EXERCISE INSTRUCTIONS: The listing that follows must be given again in full and exactly.

------ STUDY MATERIAL

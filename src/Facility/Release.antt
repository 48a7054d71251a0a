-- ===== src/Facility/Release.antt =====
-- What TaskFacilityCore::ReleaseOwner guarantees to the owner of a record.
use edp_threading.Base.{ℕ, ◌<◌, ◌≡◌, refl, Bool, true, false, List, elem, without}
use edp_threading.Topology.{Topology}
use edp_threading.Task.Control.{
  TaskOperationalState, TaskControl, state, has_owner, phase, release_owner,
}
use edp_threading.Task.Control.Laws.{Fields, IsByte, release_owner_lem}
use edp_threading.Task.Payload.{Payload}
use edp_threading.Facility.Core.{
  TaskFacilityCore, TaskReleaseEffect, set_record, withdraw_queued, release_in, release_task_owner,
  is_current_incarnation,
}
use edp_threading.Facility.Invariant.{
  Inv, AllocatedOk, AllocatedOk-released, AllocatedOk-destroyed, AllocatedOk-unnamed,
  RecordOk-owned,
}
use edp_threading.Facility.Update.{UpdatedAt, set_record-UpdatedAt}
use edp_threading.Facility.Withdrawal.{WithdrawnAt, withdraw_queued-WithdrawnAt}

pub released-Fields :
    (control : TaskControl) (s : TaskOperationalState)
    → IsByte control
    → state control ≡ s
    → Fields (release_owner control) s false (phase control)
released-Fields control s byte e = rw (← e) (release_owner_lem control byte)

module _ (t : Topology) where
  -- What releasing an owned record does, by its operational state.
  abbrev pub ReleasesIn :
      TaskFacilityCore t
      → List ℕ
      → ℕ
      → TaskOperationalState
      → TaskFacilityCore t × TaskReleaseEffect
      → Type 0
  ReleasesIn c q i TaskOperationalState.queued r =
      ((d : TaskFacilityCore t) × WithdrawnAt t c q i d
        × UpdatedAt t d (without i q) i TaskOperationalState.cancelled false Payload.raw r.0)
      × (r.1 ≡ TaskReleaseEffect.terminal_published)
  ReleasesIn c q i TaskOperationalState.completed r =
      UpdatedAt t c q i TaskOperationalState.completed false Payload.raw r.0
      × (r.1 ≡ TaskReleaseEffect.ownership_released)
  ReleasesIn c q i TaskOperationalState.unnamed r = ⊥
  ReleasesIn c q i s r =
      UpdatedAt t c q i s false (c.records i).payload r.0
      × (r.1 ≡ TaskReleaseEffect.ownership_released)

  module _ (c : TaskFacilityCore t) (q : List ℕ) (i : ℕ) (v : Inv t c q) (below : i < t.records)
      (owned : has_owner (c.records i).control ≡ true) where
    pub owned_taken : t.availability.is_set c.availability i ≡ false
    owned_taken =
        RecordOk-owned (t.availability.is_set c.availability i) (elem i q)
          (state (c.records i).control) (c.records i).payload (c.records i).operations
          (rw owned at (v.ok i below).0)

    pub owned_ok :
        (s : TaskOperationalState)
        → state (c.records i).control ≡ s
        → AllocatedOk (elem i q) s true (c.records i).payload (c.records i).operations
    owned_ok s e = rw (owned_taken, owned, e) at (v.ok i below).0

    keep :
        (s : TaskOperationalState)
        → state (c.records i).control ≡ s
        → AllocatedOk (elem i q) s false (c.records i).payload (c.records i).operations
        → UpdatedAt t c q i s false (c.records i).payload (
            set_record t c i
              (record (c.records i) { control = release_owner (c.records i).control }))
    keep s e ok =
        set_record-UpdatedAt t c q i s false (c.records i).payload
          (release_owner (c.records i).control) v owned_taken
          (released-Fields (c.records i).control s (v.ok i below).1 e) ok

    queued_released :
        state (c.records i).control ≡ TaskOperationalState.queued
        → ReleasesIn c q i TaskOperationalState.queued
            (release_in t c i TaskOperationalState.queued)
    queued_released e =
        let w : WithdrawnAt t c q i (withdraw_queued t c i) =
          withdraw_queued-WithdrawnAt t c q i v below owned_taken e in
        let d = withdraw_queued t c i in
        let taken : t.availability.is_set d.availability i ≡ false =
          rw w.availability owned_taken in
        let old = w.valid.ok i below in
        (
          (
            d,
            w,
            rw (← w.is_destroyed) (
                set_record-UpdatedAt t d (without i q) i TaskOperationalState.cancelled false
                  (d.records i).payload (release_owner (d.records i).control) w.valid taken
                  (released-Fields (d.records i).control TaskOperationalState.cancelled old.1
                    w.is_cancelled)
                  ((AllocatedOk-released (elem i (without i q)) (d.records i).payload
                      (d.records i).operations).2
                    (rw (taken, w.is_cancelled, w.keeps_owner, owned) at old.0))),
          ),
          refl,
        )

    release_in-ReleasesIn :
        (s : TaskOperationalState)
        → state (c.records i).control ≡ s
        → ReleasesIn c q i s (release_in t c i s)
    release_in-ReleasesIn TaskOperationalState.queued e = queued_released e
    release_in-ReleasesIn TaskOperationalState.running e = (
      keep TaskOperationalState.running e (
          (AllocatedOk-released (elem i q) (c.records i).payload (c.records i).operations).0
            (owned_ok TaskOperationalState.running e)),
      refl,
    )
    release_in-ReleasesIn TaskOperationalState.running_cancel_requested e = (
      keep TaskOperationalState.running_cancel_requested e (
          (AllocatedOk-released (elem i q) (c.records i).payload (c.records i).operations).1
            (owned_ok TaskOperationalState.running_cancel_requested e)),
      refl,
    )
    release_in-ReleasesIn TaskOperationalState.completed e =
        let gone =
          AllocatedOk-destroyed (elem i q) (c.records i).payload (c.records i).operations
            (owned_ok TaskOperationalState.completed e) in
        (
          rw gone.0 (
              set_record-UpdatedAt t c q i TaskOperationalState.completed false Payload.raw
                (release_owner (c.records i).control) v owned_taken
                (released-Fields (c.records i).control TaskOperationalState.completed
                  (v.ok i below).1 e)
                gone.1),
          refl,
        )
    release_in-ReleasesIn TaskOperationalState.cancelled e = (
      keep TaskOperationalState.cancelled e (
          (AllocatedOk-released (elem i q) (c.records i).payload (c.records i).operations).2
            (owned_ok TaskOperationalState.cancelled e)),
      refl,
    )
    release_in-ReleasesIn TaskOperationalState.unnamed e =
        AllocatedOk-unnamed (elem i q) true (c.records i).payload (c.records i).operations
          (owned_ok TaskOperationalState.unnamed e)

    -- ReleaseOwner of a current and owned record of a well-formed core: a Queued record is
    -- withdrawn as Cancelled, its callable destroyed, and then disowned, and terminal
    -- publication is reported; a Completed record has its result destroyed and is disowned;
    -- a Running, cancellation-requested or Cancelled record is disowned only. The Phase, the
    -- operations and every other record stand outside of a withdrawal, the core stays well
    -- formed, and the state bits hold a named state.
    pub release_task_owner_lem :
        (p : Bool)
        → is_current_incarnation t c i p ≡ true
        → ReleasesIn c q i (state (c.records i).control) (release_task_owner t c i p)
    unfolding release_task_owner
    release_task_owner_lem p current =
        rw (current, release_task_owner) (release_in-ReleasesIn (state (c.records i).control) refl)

------------

RESULT:
filename src/Facility/Release.antt
repository 48a7054d71251a0a
-- ===== src/Facility/Release.antt =====
-- What TaskFacilityCore::ReleaseOwner guarantees to the owner of a record.
use edp_threading.Base.{ℕ, ◌<◌, ◌≡◌, refl, Bool, true, false, List, elem, without}
use edp_threading.Topology.{Topology}
use edp_threading.Task.Control.{
  TaskOperationalState, TaskControl, state, has_owner, phase, release_owner,
}
use edp_threading.Task.Control.Laws.{Fields, IsByte, release_owner_lem}
use edp_threading.Task.Payload.{Payload}
use edp_threading.Facility.Core.{
  TaskFacilityCore, TaskReleaseEffect, set_record, withdraw_queued, release_in, release_task_owner,
  is_current_incarnation,
}
use edp_threading.Facility.Invariant.{
  Inv, AllocatedOk, AllocatedOk-released, AllocatedOk-destroyed, AllocatedOk-unnamed,
  RecordOk-owned,
}
use edp_threading.Facility.Update.{UpdatedAt, set_record-UpdatedAt}
use edp_threading.Facility.Withdrawal.{WithdrawnAt, withdraw_queued-WithdrawnAt}

pub released-Fields :
    (control : TaskControl) (s : TaskOperationalState)
    → IsByte control
    → state control ≡ s
    → Fields (release_owner control) s false (phase control)
released-Fields control s byte e = rw (← e) (release_owner_lem control byte)

module _ (t : Topology) where
  -- What releasing an owned record does, by its operational state.
  abbrev pub ReleasesIn :
      TaskFacilityCore t
      → List ℕ
      → ℕ
      → TaskOperationalState
      → TaskFacilityCore t × TaskReleaseEffect
      → Type 0
  ReleasesIn c q i TaskOperationalState.queued r =
      ((d : TaskFacilityCore t) × WithdrawnAt t c q i d
        × UpdatedAt t d (without i q) i TaskOperationalState.cancelled false Payload.raw r.0)
      × (r.1 ≡ TaskReleaseEffect.terminal_published)
  ReleasesIn c q i TaskOperationalState.completed r =
      UpdatedAt t c q i TaskOperationalState.completed false Payload.raw r.0
      × (r.1 ≡ TaskReleaseEffect.ownership_released)
  ReleasesIn c q i TaskOperationalState.unnamed r = ⊥
  ReleasesIn c q i s r =
      UpdatedAt t c q i s false (c.records i).payload r.0
      × (r.1 ≡ TaskReleaseEffect.ownership_released)

  module _ (c : TaskFacilityCore t) (q : List ℕ) (i : ℕ) (v : Inv t c q) (below : i < t.records)
      (owned : has_owner (c.records i).control ≡ true) where
    pub owned_taken : t.availability.is_set c.availability i ≡ false
    owned_taken =
        RecordOk-owned (t.availability.is_set c.availability i) (elem i q)
          (state (c.records i).control) (c.records i).payload (c.records i).operations
          (rw owned at (v.ok i below).0)

    pub owned_ok :
        (s : TaskOperationalState)
        → state (c.records i).control ≡ s
        → AllocatedOk (elem i q) s true (c.records i).payload (c.records i).operations
    owned_ok s e = rw (owned_taken, owned, e) at (v.ok i below).0

    keep :
        (s : TaskOperationalState)
        → state (c.records i).control ≡ s
        → AllocatedOk (elem i q) s false (c.records i).payload (c.records i).operations
        → UpdatedAt t c q i s false (c.records i).payload (
            set_record t c i
              (record (c.records i) { control = release_owner (c.records i).control }))
    keep s e ok =
        set_record-UpdatedAt t c q i s false (c.records i).payload
          (release_owner (c.records i).control) v owned_taken
          (released-Fields (c.records i).control s (v.ok i below).1 e) ok

    queued_released :
        state (c.records i).control ≡ TaskOperationalState.queued
        → ReleasesIn c q i TaskOperationalState.queued
            (release_in t c i TaskOperationalState.queued)
    queued_released e =
        let w : WithdrawnAt t c q i (withdraw_queued t c i) =
          withdraw_queued-WithdrawnAt t c q i v below owned_taken e in
        let d = withdraw_queued t c i in
        let taken : t.availability.is_set d.availability i ≡ false =
          rw w.availability owned_taken in
        let old = w.valid.ok i below in
        (
          (
            d,
            w,
            rw (← w.is_destroyed) (
                set_record-UpdatedAt t d (without i q) i TaskOperationalState.cancelled false
                  (d.records i).payload (release_owner (d.records i).control) w.valid taken
                  (released-Fields (d.records i).control TaskOperationalState.cancelled old.1
                    w.is_cancelled)
                  ((AllocatedOk-released (elem i (without i q)) (d.records i).payload
                      (d.records i).operations).2
                    (rw (taken, w.is_cancelled, w.keeps_owner, owned) at old.0))),
          ),
          refl,
        )

    release_in-ReleasesIn :
        (s : TaskOperationalState)
        → state (c.records i).control ≡ s
        → ReleasesIn c q i s (release_in t c i s)
    release_in-ReleasesIn TaskOperationalState.queued e = queued_released e
    release_in-ReleasesIn TaskOperationalState.running e = (
      keep TaskOperationalState.running e (
          (AllocatedOk-released (elem i q) (c.records i).payload (c.records i).operations).0
            (owned_ok TaskOperationalState.running e)),
      refl,
    )
    release_in-ReleasesIn TaskOperationalState.running_cancel_requested e = (
      keep TaskOperationalState.running_cancel_requested e (
          (AllocatedOk-released (elem i q) (c.records i).payload (c.records i).operations).1
            (owned_ok TaskOperationalState.running_cancel_requested e)),
      refl,
    )
    release_in-ReleasesIn TaskOperationalState.completed e =
        let gone =
          AllocatedOk-destroyed (elem i q) (c.records i).payload (c.records i).operations
            (owned_ok TaskOperationalState.completed e) in
        (
          rw gone.0 (
              set_record-UpdatedAt t c q i TaskOperationalState.completed false Payload.raw
                (release_owner (c.records i).control) v owned_taken
                (released-Fields (c.records i).control TaskOperationalState.completed
                  (v.ok i below).1 e)
                gone.1),
          refl,
        )
    release_in-ReleasesIn TaskOperationalState.cancelled e = (
      keep TaskOperationalState.cancelled e (
          (AllocatedOk-released (elem i q) (c.records i).payload (c.records i).operations).2
            (owned_ok TaskOperationalState.cancelled e)),
      refl,
    )
    release_in-ReleasesIn TaskOperationalState.unnamed e =
        AllocatedOk-unnamed (elem i q) true (c.records i).payload (c.records i).operations
          (owned_ok TaskOperationalState.unnamed e)

    -- ReleaseOwner of a current and owned record of a well-formed core: a Queued record is
    -- withdrawn as Cancelled, its callable destroyed, and then disowned, and terminal
    -- publication is reported; a Completed record has its result destroyed and is disowned;
    -- a Running, cancellation-requested or Cancelled record is disowned only. The Phase, the
    -- operations and every other record stand outside of a withdrawal, the core stays well
    -- formed, and the state bits hold a named state.
    pub release_task_owner_lem :
        (p : Bool)
        → is_current_incarnation t c i p ≡ true
        → ReleasesIn c q i (state (c.records i).control) (release_task_owner t c i p)
    unfolding release_task_owner
    release_task_owner_lem p current =
        rw (current, release_task_owner) (release_in-ReleasesIn (state (c.records i).control) refl)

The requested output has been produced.